The next few days were absolutely insane. I don’t think Sandy and I stopped texting the whole time. Sandy asked me so many questions. We came up with so many back-up plans, we laughed together in relief that we had finally made it this far, and we cried together in fear she would do what addicts do and disappear. We were in this. We were doing it: we were getting her daughter into treatment.
Then, the day came. It was two hours before Katie’s flight, and she was holed up in a hotel and wouldn’t come out. Sandy was losing faith. I can’t lie: I was, too. I knew what happened at this point. They use and they run, because the thought of changing everything is the scariest thing in the world to an addict. I remained calm and supportive and told her it was going to all work out. Then I prayed.
I called a million times, but Sandy wasn’t answering. I was pacing back and forth. An hour and fifteen minutes went by.
Finally, I looked down on my phone.
She is on the plane, Sandy texted.
I sighed the biggest sigh of relief. Feeling overwhelmed by emotion, I grabbed the nearest thing to me, which happened to be my boyfriend, and I cried. I cried for a long time. It was over—even though the real journey had just begun, chasing this awful disease was over.
In that moment, I rejoiced, knowing that I followed through with my promise. In that moment, I could breathe. And call me crazy, but every ounce of faith I had in Katie getting into treatment, I restored in her achieving lasting sobriety. There’s something about these young women. I can’t help but have complete and undoubted faith that they will find the path. This has failed me—I have been wrong—but the times I’m right make this whole thing worth it. And I’ll do it over and over and over again.

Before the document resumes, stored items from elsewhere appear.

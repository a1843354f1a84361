-- ===== src/Sysfile/Rules.antt =====
-- What holds before and behind code, as a triple, and the rules for composing them.
use csse332lab.Base.{◌≡◌, refl, Bool, true, false, Option, none, some, if◌then◌else◌}
use csse332lab.Sysfile.{Sys, Outcome, gives, panics, misuse, S, ret, continue, ◌>>=◌}

-- A panic is allowed, a misuse is not.
abbrev pub Yields : {A : Type 0} → (A → Sys → Type 0) → Outcome A → Type 0
Yields Q (gives a s) = Q a s
Yields Q panics = Unit
Yields Q misuse = ⊥

pub record Triple {A : Type 0} (P : Sys → Type 0) (m : S A) (Q : A → Sys → Type 0) : Type 0 where
  pub runs : (s : Sys) → P s → Yields Q (m s)

pub bind_lem :
    {A B : Type 0} {P : Sys → Type 0} {Q : A → Sys → Type 0} {R : B → Sys → Type 0} (m : S A)
    (k : A → S B)
    → Triple P m Q
    → ((a : A) → Triple (Q a) (k a) R)
    → Triple P (m >>= k) R
unfolding ◌>>=◌ continue
bind_lem {A = A} {Q = Q} {R = R} m k hm hk = record { runs = λ s h. go (m s) (hm.runs s h) }
  where
    go : (o : Outcome A) → Yields Q o → Yields R (continue o k)
    go (gives a s) h = (hk a).runs s h
    go panics h = tt
    go misuse h = absurd h

pub ret_lem :
    {A : Type 0} {P : Sys → Type 0} {Q : A → Sys → Type 0} (a : A)
    → ((s : Sys) → P s → Q a s)
    → Triple P (ret a) Q
unfolding ret
ret_lem a h = record { runs = λ s p. h s p }

pub pre_lem :
    {A : Type 0} {P P' : Sys → Type 0} {Q : A → Sys → Type 0} {m : S A}
    → ((s : Sys) → P s → P' s)
    → Triple P' m Q
    → Triple P m Q
pre_lem f h = record { runs = λ s p. h.runs s (f s p) }

pub post_lem :
    {A : Type 0} {P : Sys → Type 0} {Q R : A → Sys → Type 0} {m : S A}
    → ((a : A) (s : Sys) → Q a s → R a s)
    → Triple P m Q
    → Triple P m R
post_lem {A = A} {Q = Q} {R = R} {m = m} f h = record { runs = λ s p. go (m s) (h.runs s p) }
  where
    go : (o : Outcome A) → Yields Q o → Yields R o
    go (gives a s) q = f a s q
    go panics q = tt
    go misuse q = q

-- What does not depend on the state is a hypothesis.
pub fact_lem :
    {A : Type 0} {F : Type 0} {P : Sys → Type 0} {Q : A → Sys → Type 0} {m : S A}
    → (F → Triple P m Q)
    → Triple (λ s. F × P s) m Q
fact_lem h = record { runs = λ s p. (h p.0).runs s p.1 }

pub both_lem :
    {A : Type 0} {P P' : Sys → Type 0} {Q Q' : A → Sys → Type 0} {m : S A}
    → Triple P m Q
    → Triple P' m Q'
    → Triple (λ s. P s × P' s) m (λ a s. Q a s × Q' a s)
both_lem {A = A} {Q = Q} {Q' = Q'} {m = m} h h' = record {
  runs = λ s p. go (m s) (h.runs s p.0) (h'.runs s p.1);
}
  where
    go : (o : Outcome A) → Yields Q o → Yields Q' o → Yields (λ a s. Q a s × Q' a s) o
    go (gives a s) q q' = (q, q')
    go panics q q' = tt
    go misuse q q' = absurd q

pub if_lem :
    {A : Type 0} {P : Sys → Type 0} {Q : A → Sys → Type 0} (t : Bool) (m n : S A)
    → Triple P m Q
    → Triple P n Q
    → Triple P (if t then m else n) Q
if_lem true m n hm hn = hm
if_lem false m n hm hn = hn

-- The same, where the branches need to know which way the test went.
pub test_lem :
    {A : Type 0} {P : Sys → Type 0} {Q : A → Sys → Type 0} (t : Bool) (m n : S A)
    → (t ≡ true → Triple P m Q)
    → (t ≡ false → Triple P n Q)
    → Triple P (if t then m else n) Q
test_lem true m n hm hn = hm refl
test_lem false m n hm hn = hn refl

pub option_lem :
    {A B : Type 0} {P : Sys → Type 0} {Q : B → Sys → Type 0} {n : S B} {k : A → S B} (r : Option A)
    → Triple P n Q
    → ((a : A) → Triple P (k a) Q)
    → Triple P (elim r [ none ↦ n | some a ↦ k a ]) Q
option_lem none hn hk = hn
option_lem (some a) hn hk = hk a
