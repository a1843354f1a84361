-- ===== src/Sysfile/Triples.antt =====
-- What a transaction does and does not change.
use csse332lab.Base.{ℕ, ◌≡◌, refl, ◌∙◌, Bool, true, false, Option, none, some, List, count}
use csse332lab.Fs.{Fs, M}
use csse332lab.Files.{Ftable}
use csse332lab.Files.Refs.{Counted}
use csse332lab.Sysfile.{Sys, gives, panics, begin_op, end_op, inside}
use csse332lab.Sysfile.Held.{Counted-same}
use csse332lab.Sysfile.Rules.{Yields, Triple}

-- Whether a transaction is open, the references to the open files, and the descriptors.
pub record Kept (op : Bool) (refs : List ℕ) (fds : ℕ → Option ℕ) (s : Sys) : Type 0 where
  pub in_op : s.op ≡ op
  pub counted : Counted s.files refs
  pub same : (fd : ℕ) → s.ofile fd ≡ fds fd

-- The same state, with other names for the references and the descriptors.
pub Kept-same :
    (op : Bool) (refs refs' : List ℕ) (fds fds' : ℕ → Option ℕ)
    → ((c : ℕ) → count c refs' ≡ count c refs)
    → ((fd : ℕ) → fds fd ≡ fds' fd)
    → (s : Sys) → Kept op refs fds s
    → Kept op refs' fds' s
Kept-same op refs refs' fds fds' counts descriptors s h = record {
  in_op = h.in_op;
  counted = Counted-same s.files refs refs' counts h.counted;
  same = λ fd. h.same fd ∙ descriptors fd;
}

module _ (refs : List ℕ) (fds : ℕ → Option ℕ) where
  pub begin_op_lem : Triple (Kept false refs fds) begin_op (λ _. Kept true refs fds)
  unfolding begin_op
  begin_op_lem = record {
    runs = λ s h. rw h.in_op (record { in_op = refl; counted = h.counted; same = h.same });
  }

  pub end_op_lem : Triple (Kept true refs fds) end_op (λ _. Kept false refs fds)
  unfolding end_op
  end_op_lem = record {
    runs = λ s h. rw h.in_op (record { in_op = refl; counted = h.counted; same = h.same });
  }

  pub inside_lem :
      {A : Type 0} (m : M A) → Triple (Kept true refs fds) (inside m) (λ _. Kept true refs fds)
  unfolding inside
  inside_lem {A = A} m = record { runs = λ s h. rw h.in_op (go s h (m s.fs)) }
    where
      go :
          (s : Sys)
          → Kept true refs fds s
          → (r : Option (A × Fs))
          → Yields {A = A}
              (λ _. Kept true refs fds)
              (elim r [ none ↦ panics | some (a, fs) ↦ gives a (record s { fs = fs }) ])
      go s h none = tt
      go s h (some (a, fs)) = record { in_op = h.in_op; counted = h.counted; same = h.same }

-- The same with what holds of the open files, which a transaction does not change.
module _ (refs : List ℕ) (fds : ℕ → Option ℕ) (F : Ftable → Type 0) where
  pub inside_frame :
      {A : Type 0} (m : M A)
      → Triple
          (λ s. Kept true refs fds s × F s.files)
          (inside m)
          (λ _ s. Kept true refs fds s × F s.files)
  unfolding inside
  inside_frame {A = A} m = record { runs = λ s h. rw h.0.in_op (go s h (m s.fs)) }
    where
      go :
          (s : Sys)
          → Kept true refs fds s × F s.files
          → (r : Option (A × Fs))
          → Yields {A = A}
              (λ _ s. Kept true refs fds s × F s.files)
              (elim r [ none ↦ panics | some (a, fs) ↦ gives a (record s { fs = fs }) ])
      go s h none = tt
      go s h (some (a, fs)) =
          (record { in_op = h.0.in_op; counted = h.0.counted; same = h.0.same }, h.1)

  pub end_op_frame :
      Triple
        (λ s. Kept true refs fds s × F s.files)
        end_op
        (λ _ s. Kept false refs fds s × F s.files)
  unfolding end_op
  end_op_frame = record {
    runs =
        λ s h. rw h.0.in_op (record { in_op = refl; counted = h.0.counted; same = h.0.same }, h.1);
  }
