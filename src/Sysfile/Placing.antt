-- ===== src/Sysfile/Placing.antt =====
-- Descriptors that are given and taken back: `fdalloc`.
use native.Mathlib.Decide.{ℕ_discrete}
use mathlib.Core.Option.{some-ne-none}
use csse332lab.Base.{
  ℕ, zero, suc, ◌+◌, ◌≤◌, ◌<◌, ◌≡◌, ◌≢◌, refl, sym, ◌∙◌, Bool, Option, none, some, List, arith, ap,
  update,
}
use csse332lab.Files.{Ftable}
use csse332lab.Sysfile.{nofile, Sys, gives, fdalloc, set_descriptor, free_descriptor, clear}
use csse332lab.Sysfile.Rules.{Yields, Triple}
use csse332lab.Sysfile.Triples.{Kept}

-- Two functions that agree go on doing so.
update-same :
    (fds gds : ℕ → Option ℕ) (fd g : ℕ) (x : Option ℕ)
    → ((fd : ℕ) → fds fd ≡ gds fd)
    → update fds fd x g ≡ update gds fd x g
update-same fds gds fd g x h = rw (h g) refl

-- The lowest descriptor that is not in use.
pub record Lowest (fds : ℕ → Option ℕ) (fd : ℕ) : Type 0 where
  pub in_range : fd < nofile
  pub free : fds fd ≡ none
  pub lower : (g : ℕ) → g < fd → fds g ≢ none

abbrev pub Placed : Bool → List ℕ → (ℕ → Option ℕ) → ℕ → Option ℕ → Sys → Type 0
Placed op refs fds f none s = Kept op refs fds s
Placed op refs fds f (some fd) s = Lowest fds fd × Kept op refs (update fds fd (some f)) s

-- What the search gives from `from` on.
abbrev Found : (fds : ℕ → Option ℕ) (from : ℕ) → Option ℕ → Type 0
Found fds from none = Unit
Found fds from (some fd) =
    (fd < nofile) × (fds fd ≡ none) × ((g : ℕ) → from ≤ g → g < fd → fds g ≢ none)

free_descriptor-Found :
    (fds : ℕ → Option ℕ) (k from : ℕ)
    → from + k ≤ nofile
    → Found fds from (free_descriptor fds k from)
unfolding free_descriptor
free_descriptor-Found fds zero from le = tt
free_descriptor-Found fds (suc k) from le =
    go (fds from) refl (free_descriptor fds k (from + 1))
      (free_descriptor-Found fds k (from + 1) (omega arith))
  where
    further : (f : ℕ) (r : Option ℕ) → fds from ≡ some f → Found fds (from + 1) r → Found fds from r
    further f none e h = tt
    further f (some fd) e (lt, free, lower) = (
      lt,
      free,
      λ g le below. elim (ℕ_discrete g from) [
        | yes at ↦ λ z. some-ne-none _ (sym e ∙ (ap fds (sym at) ∙ z))
        | no ne ↦ lower g (omega arith) below
      ],
    )

    go :
        (x : Option ℕ)
        → fds from ≡ x
        → (r : Option ℕ) → Found fds (from + 1) r
        → Found fds from (elim x [ none ↦ some from | some f ↦ r ])
    go none e r h = (omega arith, e, λ g le lt. absurd (omega arith))
    go (some f) e r h = further f r e h

pub fdalloc_lem :
    (op : Bool) (refs : List ℕ) (fds : ℕ → Option ℕ) (f : ℕ)
    → Triple (Kept op refs fds) (fdalloc f) (Placed op refs fds f)
unfolding fdalloc
fdalloc_lem op refs fds f = record {
  runs = λ s h.
      go s h (free_descriptor s.ofile nofile 0)
        (free_descriptor-Found s.ofile nofile 0 (omega arith));
}
  where
    go :
        (s : Sys)
        → Kept op refs fds s
        → (r : Option ℕ) → Found s.ofile 0 r
        → Yields (Placed op refs fds f) (elim r [
          | none ↦ gives none s
          | some fd ↦ gives (some fd) (set_descriptor fd (some f) s)
        ])
    go s h none found = h
    go s h (some fd) (lt, free, lower) = (
      record {
        in_range = lt;
        free = sym (h.same fd) ∙ free;
        lower = λ g below z. lower g (omega arith) below (h.same g ∙ z);
      },
      record {
        in_op = h.in_op;
        counted = h.counted;
        same = λ g. update-same s.ofile fds fd g (some f) h.same;
      },
    )

pub fdalloc_frame :
    (F : Ftable → Type 0) (f : ℕ) → Triple (λ s. F s.files) (fdalloc f) (λ _ s. F s.files)
unfolding fdalloc
fdalloc_frame F f = record { runs = λ s h. go s h (free_descriptor s.ofile nofile 0) }
  where
    go :
        (s : Sys)
        → F s.files
        → (r : Option ℕ)
        → Yields {A = Option ℕ}
            (λ _ s. F s.files)
            (elim r [
              | none ↦ gives none s
              | some fd ↦ gives (some fd) (set_descriptor fd (some f) s)
            ])
    go s h none = h
    go s h (some fd) = h

pub clear_lem :
    (op : Bool) (refs : List ℕ) (fds : ℕ → Option ℕ) (fd : ℕ)
    → Triple (Kept op refs fds) (clear fd) (λ _. Kept op refs (update fds fd none))
unfolding clear
clear_lem op refs fds fd = record {
  runs = λ s h. record {
    in_op = h.in_op;
    counted = h.counted;
    same = λ g. update-same s.ofile fds fd g none h.same;
  };
}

Today, Katie has almost nine months sober. She works the program of Alcoholics Anonymous. She has a job, an honest relationship with her family, and the brightest smile I’ve ever seen. I am so grateful to have been the link to the beginning of her journey. I talk with her often. I also still talk with Sandy. We catch up every couple months. I still give her advice, and she tells me stories about Katie’s progression in sobriety. They are among one of the many of the experiences that has taught me so much about not only my profession, but myself. I am forever grateful for them. I can’t tell you what the future holds for Katie, if she will stay sober for the rest of her life. That not up to me. I can tell you that miracles happen every day, and in this moment she is doing pretty damn well.
I’ve had the pleasure of working with many many Sandys and many Katies. I can’t read the future. I don’t know how things are ever going to turn out. Sometimes, in spite of all my efforts, I fail and addiction wins. That is the hard reality about this disease. It will consume and destroy everything in its path. Sometimes, though we—the families, treatment professionals, friends, husbands, wives—sometimes, we do win. And truly I believe those days are what keep me working in this field. I can’t tell you exactly what made things turn out like they did in regards to Katie. But I’d like to say it was a little bit of faith, perseverance, little bit of God—or the universe—and a whole lot of hope.
NB: All reasonable efforts have been made by this writer to protect client confidentiality. Because of this, names and identifying details in this piece have been changed, omitted, and/or embellished.